Historical group works to memorialize Sultana shipwreck with museum, coins

Historical group works to memorialize Sultana shipwreck with museum, coins

The Sultana, loaded down with excess passengers. Courtesy | Facebook

The Sultana Historical Preservation Society is campaigning to open a museum in Marion, Arkansas and dedicate a commemorative coin to the 1865 Sultana shipwreck. It was the deadliest maritime disaster in United States history and killed nearly 1,200 people, including 67 Civil War soldiers from Hillsdale County.

The explosion of the Sultana affected Hillsdale so deeply that the city commemorated the event with a plaque downtown in 2001.

“We honor all who were on the Sultana for their courage and their service to their country,” the plaque reads.

A congressional bill to mint a commemorative coin to the Sultana disaster currently has 59 co-sponsors.

“Congress has the authority to mint two commemorative coins a year,” said John Fogleman, the president of the Sultana Historical Preservation Society. “It requires a supermajority, and thus far no coins have been approved. The bill will authorize the minting of a coin to commemorate this disaster. The surplus money would come to our museum.”

The commemorative coin would depict the Sultana itself, and the proceeds from the coin would go to the Sultana Historical Preservation Society.
“It’s like an action movie version of the Titanic,” Assistant Professor of History Miles Smith said. “As many people died at the Sultana as did on the Titanic.”

There were 2,200 people total on the Sultana when three of the steamship’s four boilers exploded in 1865, according to the Sultana Historical Preservation Society. About 1,195 passengers on the Sultana died, the American Battlefield Trust said.

“It was a huge deal at the time, but it got overshadowed,” Smith said. “It happened on April 27, but on April 9 the Army of North Virginia surrendered at Appomattox, and on April 14, Abraham Lincoln was assassinated. There’s all of this macro-political stuff going on.”

The Sultana itself was packed with people, and the explosions and subsequent fire caused most deaths.

“It was a steamship that was used to transport Union soldiers, and in the spring of 1865, it was overloaded,” Smith said. “The ship was designed to carry about 375 people, and it was carrying about 2,100 people. Some of the guys are in pretty rough physical shape because of the Army. There are women on board, too. Even if everything had gone perfectly well, it wasn’t a safe, healthy conveyance.”

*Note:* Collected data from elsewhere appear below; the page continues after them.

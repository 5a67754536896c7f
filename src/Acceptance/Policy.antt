-- ===== src/Acceptance/Policy.antt =====
-- ormas_subnet/public_acceptance.py: field checks and the acceptance policy, versions 1 to 3.
use Prim.Native.String.{◌++◌ as append}
use ormas_subnet.Common.{
  String, Bool, true, false, ◌&&◌, ◌||◌, not, none, some, List, [], ◌∷◌, Value, str, obj, int,
  Entries, keys, get_or_null, Result, ok, err, value_error, guard, ◌>>=◌, ◌>>◌, ℤ, pos, int_pos,
  int_eq, same_set, str_eq, nonblank, strip_prefix, hex_of_length, if◌then◌else◌,
}

abbrev pub contract_v1 : String
contract_v1 = "ormas.public-acceptance-contract.v1"

abbrev pub policy_v1 : String
policy_v1 = "ormas.public-acceptance-policy.v1"

abbrev pub contract_v2 : String
contract_v2 = "ormas.public-acceptance-contract.v2"

abbrev pub policy_v2 : String
policy_v2 = "ormas.public-acceptance-policy.v2"

abbrev pub contract_v3 : String
contract_v3 = "ormas.public-acceptance-contract.v3"

abbrev pub policy_v3 : String
policy_v3 = "ormas.public-acceptance-policy.v3"

-- `_POLICY_KEYS - {"max_concurrent_assignments"}`
abbrev pub common_policy_keys : List String
common_policy_keys =
    "schema_version" ∷ "required_validators" ∷ "catalog_digest" ∷ "profile_id" ∷ "protocol"
    ∷ "liveness_s" ∷ "timeout_s" ∷ []

abbrev pub policy_keys : List String
policy_keys = "max_concurrent_assignments" ∷ common_policy_keys

-- `v == s` for a text `s`
abbrev pub is_str : Value → String → Bool
is_str (str t) s = str_eq t s
is_str _ s = false

abbrev pub field : String → Entries → Value
field = get_or_null

unfoldable pub require_exact_dict : Value → List String → String → Result Entries
require_exact_dict (obj es) ks name = do
  guard (same_set (keys es) ks) (value_error (append name " has an unexpected key set"))
  ok es
require_exact_dict _ ks name = err (value_error (append name " must be a dict"))

-- The checks return `None` here: no caller uses the value that the source returns.
unfoldable pub require_nonblank : Value → String → Result (Unit {0})
require_nonblank (str s) name =
    guard (nonblank s) (value_error (append name " must be a nonblank string"))
require_nonblank _ name = err (value_error (append name " must be a nonblank string"))

unfoldable pub require_positive_int : Value → String → Result (Unit {0})
require_positive_int (int n) name =
    guard (int_pos n) (value_error (append name " must be a positive integer"))
require_positive_int _ name = err (value_error (append name " must be a positive integer"))

-- `value != n` on what `_require_positive_int` has passed
abbrev pub is_int : Value → ℤ → Bool
is_int (int n) m = int_eq n m
is_int _ m = false

-- `_CATALOG_DIGEST_RE.fullmatch(digest)` on a `str`
unfoldable pub is_catalog_digest : Value → Bool
is_catalog_digest (str s) = elim (strip_prefix "sha256:" s) [
  | none ↦ false
  | some rest ↦ hex_of_length 64 rest
]
is_catalog_digest _ = false

-- `isinstance(value, dict) and value.get(key) == text`
abbrev pub dict_says : Value → String → String → Bool
dict_says (obj es) key text = is_str (get_or_null key es) text
dict_says _ key text = false

abbrev pub when : Bool → Result (Unit {0}) → Result (Unit {0})
when true r = r
when false r = ok tt

-- what the two policy validators check last, in the source's order
unfoldable pub check_terms : Entries → String → Result (Unit {0})
check_terms policy protocol = do
  guard (is_catalog_digest (field "catalog_digest" policy))
      (value_error "catalog_digest must be sha256: plus 64 lowercase hex chars")
  require_nonblank (field "profile_id" policy) "profile_id"
  guard (is_str (field "protocol" policy) protocol)
      (value_error "acceptance policy protocol mismatch")
  require_positive_int (field "liveness_s" policy) "liveness_s"
  require_positive_int (field "timeout_s" policy) "timeout_s"

abbrev pub slotted_keys : Bool → List String
slotted_keys operator_run =
    if operator_run
    then "validator_operator_id" ∷ "verification_mode" ∷ common_policy_keys
    else "verification_mode" ∷ common_policy_keys

unfoldable pub validate_slotted_policy : Value → Result Entries
validate_slotted_policy value = do
  let operator_run = dict_says value "verification_mode" "operator-run"
  policy ← require_exact_dict value (slotted_keys operator_run) "acceptance policy"
  guard
      (is_str (field "verification_mode" policy) "independent"
        || is_str (field "verification_mode" policy) "operator-run")
      (value_error "acceptance policy verification_mode is unknown")
  require_positive_int (field "required_validators" policy) "required_validators"
  when operator_run (do
    guard (is_int (field "required_validators" policy) (pos 1))
        (value_error "operator-run requires one validator")
    require_nonblank (field "validator_operator_id" policy) "validator_operator_id")
  check_terms policy contract_v3
  ok policy

unfoldable pub is_operator_run : Entries → Bool
is_operator_run policy =
    is_str (get_or_null "protocol" policy) contract_v2
    || (is_str (get_or_null "protocol" policy) contract_v3
        && is_str (get_or_null "verification_mode" policy) "operator-run")

abbrev pub flat_keys : Bool → List String
flat_keys operator_run =
    if operator_run
    then "verification_mode" ∷ "validator_operator_id" ∷ policy_keys
    else policy_keys

-- versions 1 and 2
unfoldable pub validate_flat_policy : Value → Result Entries
validate_flat_policy value = do
  let operator_run = dict_says value "schema_version" policy_v2
  policy ← require_exact_dict value (flat_keys operator_run) "acceptance policy"
  guard
      (is_str (field "schema_version" policy) policy_v1
        || is_str (field "schema_version" policy) policy_v2)
      (value_error "acceptance policy schema_version mismatch")
  require_positive_int (field "required_validators" policy) "required_validators"
  guard
      (not operator_run
        || (is_str (field "verification_mode" policy) "operator-run"
            && is_int (field "required_validators" policy) (pos 1)))
      (value_error "operator-run alpha requires one validator and an explicit verification_mode")
  when operator_run
      (require_nonblank (field "validator_operator_id" policy) "validator_operator_id")
  check_terms policy (if operator_run then contract_v2 else contract_v1)
  guard (is_int (field "max_concurrent_assignments" policy) (pos 1))
      (value_error "max_concurrent_assignments must be 1")
  ok policy

unfoldable pub validate_acceptance_policy : Value → Result Entries
validate_acceptance_policy value =
    if dict_says value "schema_version" policy_v3
    then validate_slotted_policy value
    else validate_flat_policy value

unfoldable pub acceptance_task_cell : Value → Result String
acceptance_task_cell value = do
  policy ← validate_acceptance_policy value
  ok (
      if is_str (field "protocol" policy) contract_v3
      then if is_operator_run policy
        then "task:acceptance/operator-run-v3"
        else "task:acceptance/independent-v3"
      else if is_operator_run policy
      then "task:acceptance/operator-run-v2"
      else "task:acceptance/independent-v1")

According to Jennings, more than 258 soldiers from Michigan were on the Sultana, including Edwin Ford, a Hillsdale College student who served in Company D of Michigan’s 18th Volunteer Infantry.

“Ford joined in 1862, when Lincoln called for another 300,000 more volunteers,” Associate Professor of Management Peter Jennings said. “He attended Hillsdale College in 1856, the first year that Hillsdale College classes were taught in Hillsdale rather than Spring Arbor.”

Ford was taken prisoner on his way to Athens, Georgia, during Gen. William Tecumseh Sherman’s campaign and held at the Andersonville Prisoner of War Camp for about six months.

“He was finally rescued and thought the war was over and he would make it home,” Jennings said. “He got onto the Sultana, and he died.”

Sultana Historical Preservation Society members hope to establish a new museum in Marion, Arkansas, to better tell the story of the disaster.

“The Sultana deserves a real museum, worthy of the significance of the event,” Fogleman said. “Our goal is to educate the American public about this disaster and to let them know what happened.”

The first Sultana exhibit was in 2015 at Arkansas State University. According to Fogleman, the exhibit was successful and went to Marion, Arkansas, the closest city to the disaster.

“Marion is only five miles from the remains of the Sultana,” Fogleman said. “A lot of the rescuers’ descendants still live there.”

The original museum has attracted visitors from all 50 states and 14 foreign countries.

“Right now, the museum is in an old building with about 1,000 square feet,” Fogleman said. “We display what we can there, but it’s totally inadequate to display the artifacts that we have and also to tell the story of the Sultana — the bribery, the corruption, the political influence that led to the disaster. We also want to tell the story of the rescuers from Tennessee and Arkansas.”

The society hopes to raise $10 million to fund the museum. The campaign began in 2020, and the society broke ground on the museum’s site last fall, according to the society’s website.

“We’ve now raised $8.1 million of the $10 million,” Fogleman said. “If we reach $9 million by May 31, FedEx will donate that final million.”